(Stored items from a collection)
=== Begin Enclosure ===

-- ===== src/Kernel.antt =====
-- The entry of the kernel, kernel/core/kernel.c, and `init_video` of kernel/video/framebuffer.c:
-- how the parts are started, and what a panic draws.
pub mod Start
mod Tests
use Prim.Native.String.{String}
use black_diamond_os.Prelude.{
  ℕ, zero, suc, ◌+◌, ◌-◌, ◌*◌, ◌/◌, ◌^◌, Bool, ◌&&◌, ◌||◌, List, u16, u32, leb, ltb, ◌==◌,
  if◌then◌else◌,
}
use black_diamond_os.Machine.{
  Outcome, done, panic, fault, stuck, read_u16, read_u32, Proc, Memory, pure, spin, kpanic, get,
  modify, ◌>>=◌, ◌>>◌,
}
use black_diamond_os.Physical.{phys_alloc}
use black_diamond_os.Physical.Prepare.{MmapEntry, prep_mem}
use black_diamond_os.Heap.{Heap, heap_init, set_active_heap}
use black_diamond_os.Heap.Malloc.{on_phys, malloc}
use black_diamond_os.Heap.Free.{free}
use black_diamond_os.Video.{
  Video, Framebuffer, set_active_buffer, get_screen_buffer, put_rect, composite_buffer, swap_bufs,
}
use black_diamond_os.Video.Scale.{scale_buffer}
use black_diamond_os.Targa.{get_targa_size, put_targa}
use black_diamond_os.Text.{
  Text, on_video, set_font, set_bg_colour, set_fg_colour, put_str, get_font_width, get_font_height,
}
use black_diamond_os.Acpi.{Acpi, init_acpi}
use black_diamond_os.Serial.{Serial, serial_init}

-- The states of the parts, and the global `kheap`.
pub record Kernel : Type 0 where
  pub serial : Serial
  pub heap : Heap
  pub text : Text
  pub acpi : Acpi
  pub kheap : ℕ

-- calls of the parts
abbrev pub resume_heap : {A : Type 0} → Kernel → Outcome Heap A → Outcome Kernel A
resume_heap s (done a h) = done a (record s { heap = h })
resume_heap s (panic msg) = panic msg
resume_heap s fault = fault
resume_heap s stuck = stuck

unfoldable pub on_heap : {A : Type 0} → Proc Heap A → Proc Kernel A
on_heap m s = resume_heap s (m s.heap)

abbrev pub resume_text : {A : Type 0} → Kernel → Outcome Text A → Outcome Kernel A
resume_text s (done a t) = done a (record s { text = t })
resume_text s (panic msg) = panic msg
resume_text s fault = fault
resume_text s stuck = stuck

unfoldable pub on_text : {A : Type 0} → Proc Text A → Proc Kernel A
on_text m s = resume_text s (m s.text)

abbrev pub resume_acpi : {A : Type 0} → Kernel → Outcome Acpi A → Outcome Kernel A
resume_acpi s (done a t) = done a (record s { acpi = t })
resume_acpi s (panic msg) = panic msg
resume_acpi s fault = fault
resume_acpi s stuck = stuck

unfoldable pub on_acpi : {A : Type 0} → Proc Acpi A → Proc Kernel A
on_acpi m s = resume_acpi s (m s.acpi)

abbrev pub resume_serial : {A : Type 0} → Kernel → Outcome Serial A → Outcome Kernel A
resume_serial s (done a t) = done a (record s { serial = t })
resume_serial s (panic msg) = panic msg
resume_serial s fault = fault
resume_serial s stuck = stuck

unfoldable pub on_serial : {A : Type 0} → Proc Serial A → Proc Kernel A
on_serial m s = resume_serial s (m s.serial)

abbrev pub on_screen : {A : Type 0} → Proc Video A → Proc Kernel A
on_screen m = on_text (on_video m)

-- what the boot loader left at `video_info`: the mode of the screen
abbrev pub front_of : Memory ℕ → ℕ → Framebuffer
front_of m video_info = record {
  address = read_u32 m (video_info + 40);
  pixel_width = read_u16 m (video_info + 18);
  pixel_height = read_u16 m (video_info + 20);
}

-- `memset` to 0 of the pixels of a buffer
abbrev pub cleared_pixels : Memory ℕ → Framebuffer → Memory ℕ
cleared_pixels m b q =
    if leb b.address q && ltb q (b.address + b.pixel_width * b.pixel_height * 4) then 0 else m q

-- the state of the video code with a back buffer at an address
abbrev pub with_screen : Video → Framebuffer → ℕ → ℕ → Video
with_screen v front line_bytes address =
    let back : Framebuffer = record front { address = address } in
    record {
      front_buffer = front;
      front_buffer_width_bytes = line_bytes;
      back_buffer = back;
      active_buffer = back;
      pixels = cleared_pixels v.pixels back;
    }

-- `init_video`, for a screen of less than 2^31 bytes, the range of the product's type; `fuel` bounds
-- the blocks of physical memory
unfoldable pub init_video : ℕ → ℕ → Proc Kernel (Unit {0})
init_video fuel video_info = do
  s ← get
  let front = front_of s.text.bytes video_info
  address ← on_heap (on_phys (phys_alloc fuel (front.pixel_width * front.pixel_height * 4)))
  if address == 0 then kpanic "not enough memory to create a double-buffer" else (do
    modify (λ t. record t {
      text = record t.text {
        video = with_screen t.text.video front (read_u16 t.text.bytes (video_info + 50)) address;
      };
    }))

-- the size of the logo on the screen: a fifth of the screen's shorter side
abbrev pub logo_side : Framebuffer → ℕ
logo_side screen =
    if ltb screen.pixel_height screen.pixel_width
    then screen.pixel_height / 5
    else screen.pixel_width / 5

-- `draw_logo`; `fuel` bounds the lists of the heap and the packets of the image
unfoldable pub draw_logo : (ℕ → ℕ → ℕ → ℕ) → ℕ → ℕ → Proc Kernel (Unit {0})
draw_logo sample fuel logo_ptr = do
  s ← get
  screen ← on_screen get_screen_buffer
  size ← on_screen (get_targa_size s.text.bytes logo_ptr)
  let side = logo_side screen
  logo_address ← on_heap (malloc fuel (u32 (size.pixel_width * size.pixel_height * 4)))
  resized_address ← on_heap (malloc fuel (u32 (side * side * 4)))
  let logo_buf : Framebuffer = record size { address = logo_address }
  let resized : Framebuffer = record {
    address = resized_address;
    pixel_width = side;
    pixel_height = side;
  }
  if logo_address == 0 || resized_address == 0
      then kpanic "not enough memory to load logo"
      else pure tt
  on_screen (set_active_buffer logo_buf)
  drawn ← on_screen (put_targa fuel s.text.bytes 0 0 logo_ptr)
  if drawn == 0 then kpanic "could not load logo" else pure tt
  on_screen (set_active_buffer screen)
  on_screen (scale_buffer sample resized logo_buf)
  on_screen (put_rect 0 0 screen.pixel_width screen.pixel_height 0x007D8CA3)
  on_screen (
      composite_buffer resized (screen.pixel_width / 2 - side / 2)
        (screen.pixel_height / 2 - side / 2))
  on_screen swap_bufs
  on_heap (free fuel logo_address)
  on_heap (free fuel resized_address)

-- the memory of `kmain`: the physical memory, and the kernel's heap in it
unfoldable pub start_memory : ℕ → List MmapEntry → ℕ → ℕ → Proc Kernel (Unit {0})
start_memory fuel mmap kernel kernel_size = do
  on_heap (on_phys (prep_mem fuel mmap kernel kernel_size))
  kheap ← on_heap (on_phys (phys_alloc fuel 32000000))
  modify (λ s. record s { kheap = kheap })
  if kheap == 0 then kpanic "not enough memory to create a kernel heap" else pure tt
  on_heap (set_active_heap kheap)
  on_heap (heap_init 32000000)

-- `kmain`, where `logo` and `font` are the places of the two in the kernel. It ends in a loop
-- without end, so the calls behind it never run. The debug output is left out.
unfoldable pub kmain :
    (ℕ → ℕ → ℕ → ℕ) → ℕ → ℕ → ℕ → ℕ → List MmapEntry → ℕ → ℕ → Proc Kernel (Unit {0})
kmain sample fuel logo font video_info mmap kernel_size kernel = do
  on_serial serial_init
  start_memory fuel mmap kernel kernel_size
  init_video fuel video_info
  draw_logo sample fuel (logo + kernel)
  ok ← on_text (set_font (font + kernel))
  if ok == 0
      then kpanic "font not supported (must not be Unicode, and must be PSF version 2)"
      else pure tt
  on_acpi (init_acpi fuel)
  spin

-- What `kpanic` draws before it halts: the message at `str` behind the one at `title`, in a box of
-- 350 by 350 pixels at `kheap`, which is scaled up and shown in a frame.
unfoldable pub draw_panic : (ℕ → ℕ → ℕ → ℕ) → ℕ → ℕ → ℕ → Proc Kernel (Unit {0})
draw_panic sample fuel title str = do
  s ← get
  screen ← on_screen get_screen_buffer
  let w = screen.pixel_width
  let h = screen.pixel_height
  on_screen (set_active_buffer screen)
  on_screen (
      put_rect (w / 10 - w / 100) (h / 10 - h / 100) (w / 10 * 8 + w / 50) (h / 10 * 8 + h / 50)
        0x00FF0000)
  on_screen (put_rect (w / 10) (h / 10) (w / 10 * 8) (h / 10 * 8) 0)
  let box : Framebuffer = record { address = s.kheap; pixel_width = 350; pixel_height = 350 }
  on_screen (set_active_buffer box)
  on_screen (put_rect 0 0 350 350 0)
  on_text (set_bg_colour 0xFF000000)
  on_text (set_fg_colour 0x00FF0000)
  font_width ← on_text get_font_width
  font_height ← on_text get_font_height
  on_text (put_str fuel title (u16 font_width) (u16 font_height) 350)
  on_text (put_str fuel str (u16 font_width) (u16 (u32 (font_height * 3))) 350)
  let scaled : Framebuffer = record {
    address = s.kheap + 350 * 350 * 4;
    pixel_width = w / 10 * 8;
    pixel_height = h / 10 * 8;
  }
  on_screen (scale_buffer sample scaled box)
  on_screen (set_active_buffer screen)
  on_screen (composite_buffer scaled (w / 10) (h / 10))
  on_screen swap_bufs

=== End Enclosure ===

PROBLEM TO SOLVE —
Scan the data for the word "parts" and copy every line where it shows up.

SOLUTION TO THE EXERCISE —
-- how the parts are started, and what a panic draws.
-- The states of the parts, and the global `kheap`.
-- calls of the parts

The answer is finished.